What this task involves: Your result will be the set of lines with "Double", copied from the material below.

BEGIN Data to process

-- ===== src/System/Proxies.antt =====
-- The chains of proxies: who votes through whom, and that the chains end.
use ux_contracts.Prelude.{
  ℕ, ◌<◌, ◌≡◌, ◌≢◌, refl, sym, ap, ◌∙◌, Bool, true, false, ◌&&◌, Option, none, some, ◌==◌,
  if◌then◌else◌, arith,
}
use ux_contracts.Chain.Platform.{Platform}
use ux_contracts.Chain.Double.{Double}
use ux_contracts.Chain.Frame.{Relation}
use ux_contracts.System.Tables.{VoterInfo}
use ux_contracts.System.State.{State, put_voter}
use ux_contracts.System.Steps.{Steps}

module _ ⦃p : Platform⦄ ⦃d : Double⦄ where
  open p use {find, put, find-put}

  -- The proxy of an account, zero if it has none, and whether it is a proxy itself.
  abbrev pub proxy_of : Option VoterInfo → ℕ
  proxy_of none = 0
  proxy_of (some v) = v.proxy

  abbrev pub is_proxy_of : Option VoterInfo → Bool
  is_proxy_of none = false
  is_proxy_of (some v) = v.is_proxy

  -- Two states in which everyone has the same proxy, and the same accounts are proxies.
  pub record SameProxies (self : ℕ) (s t : State) : Type 0 where
    pub proxy : (a : ℕ) → proxy_of (find t.voters self a) ≡ proxy_of (find s.voters self a)
    pub is_proxy : (a : ℕ) → is_proxy_of (find t.voters self a) ≡ is_proxy_of (find s.voters self a)

  abbrev pub same_proxies : ℕ → Relation State
  same_proxies self = record {
    R = SameProxies self;
    same = λ s. record { proxy = λ a. refl; is_proxy = λ a. refl };
    join = λ s t u h k. record {
      proxy = λ a. k.proxy a ∙ h.proxy a;
      is_proxy = λ a. k.is_proxy a ∙ h.is_proxy a;
    };
  }

  row_proxy :
      (hit : Bool) (w : VoterInfo) (o : Option VoterInfo)
      → (hit ≡ true → w.proxy ≡ proxy_of o)
      → proxy_of (if hit then some w else o) ≡ proxy_of o
  row_proxy true w o h = h refl
  row_proxy false w o h = refl

  row_is_proxy :
      (hit : Bool) (w : VoterInfo) (o : Option VoterInfo)
      → (hit ≡ true → w.is_proxy ≡ is_proxy_of o)
      → is_proxy_of (if hit then some w else o) ≡ is_proxy_of o
  row_is_proxy true w o h = h refl
  row_is_proxy false w o h = refl

  -- The row that is hit is the one that was found.
  hit-found :
      (self scope account a : ℕ) (s : State) (o : Option VoterInfo)
      → ((scope == self) && (account == a)) ≡ true
      → find s.voters scope account ≡ o
      → find s.voters self a ≡ o
  hit-found self scope account a s o e found =
      let x : scope ≡ self = ground arith in
      let y : account ≡ a = ground arith in rw (← x, ← y) found

  -- A row that is written with the same proxy.
  pub put_voter-SameProxies :
      (self payer scope account : ℕ) (w : VoterInfo) (o : Option VoterInfo) (s : State)
      → find s.voters scope account ≡ o
      → w.proxy ≡ proxy_of o
      → w.is_proxy ≡ is_proxy_of o
      → SameProxies self s (put_voter payer scope account w s)
  put_voter-SameProxies self payer scope account w o s found e f =
      let at = find-put s.voters payer scope account w self in
      record {
        proxy = λ a.
            ap proxy_of (at a)
            ∙ row_proxy ((scope == self) && (account == a)) w (find s.voters self a)
                (λ h. e ∙ ap proxy_of (sym (hit-found self scope account a s o h found)));
        is_proxy = λ a.
            ap is_proxy_of (at a)
            ∙ row_is_proxy ((scope == self) && (account == a)) w (find s.voters self a)
                (λ h. f ∙ ap is_proxy_of (sym (hit-found self scope account a s o h found)));
      }

  pub proxies-Steps : (self : ℕ) → Steps (same_proxies self)
  proxies-Steps self = record {
    producer2 = λ payer scope account i s. record { proxy = λ a. refl; is_proxy = λ a. refl };
    votes = λ scope account i votes s found. record { proxy = λ a. refl; is_proxy = λ a. refl };
    weights = λ f s. record { proxy = λ a. refl; is_proxy = λ a. refl };
    activation = λ now v s. record { proxy = λ a. refl; is_proxy = λ a. refl };
    weight = λ scope account v last proxied s found.
        put_voter-SameProxies self 0 scope account
          (record v { last_vote_weight = last; proxied_vote_weight = proxied }) (some v) s found
          refl refl;
  }

  -- Each account stands above its proxy.
  abbrev pub IsRanked : ℕ → (ℕ → ℕ) → State → Type 0
  IsRanked self rank s =
      (a : ℕ)
      → proxy_of (find s.voters self a) ≢ 0
      → rank (proxy_of (find s.voters self a)) < rank a

  pub SameProxies-IsRanked :
      (self : ℕ) (rank : ℕ → ℕ) (s t : State)
      → SameProxies self s t
      → IsRanked self rank s
      → IsRanked self rank t
  SameProxies-IsRanked self rank s t h ranked a nonzero =
      rw (h.proxy a) (ranked a (λ e. nonzero (h.proxy a ∙ e)))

END Data to process

Finished task:
use ux_contracts.Chain.Double.{Double}
module _ ⦃p : Platform⦄ ⦃d : Double⦄ where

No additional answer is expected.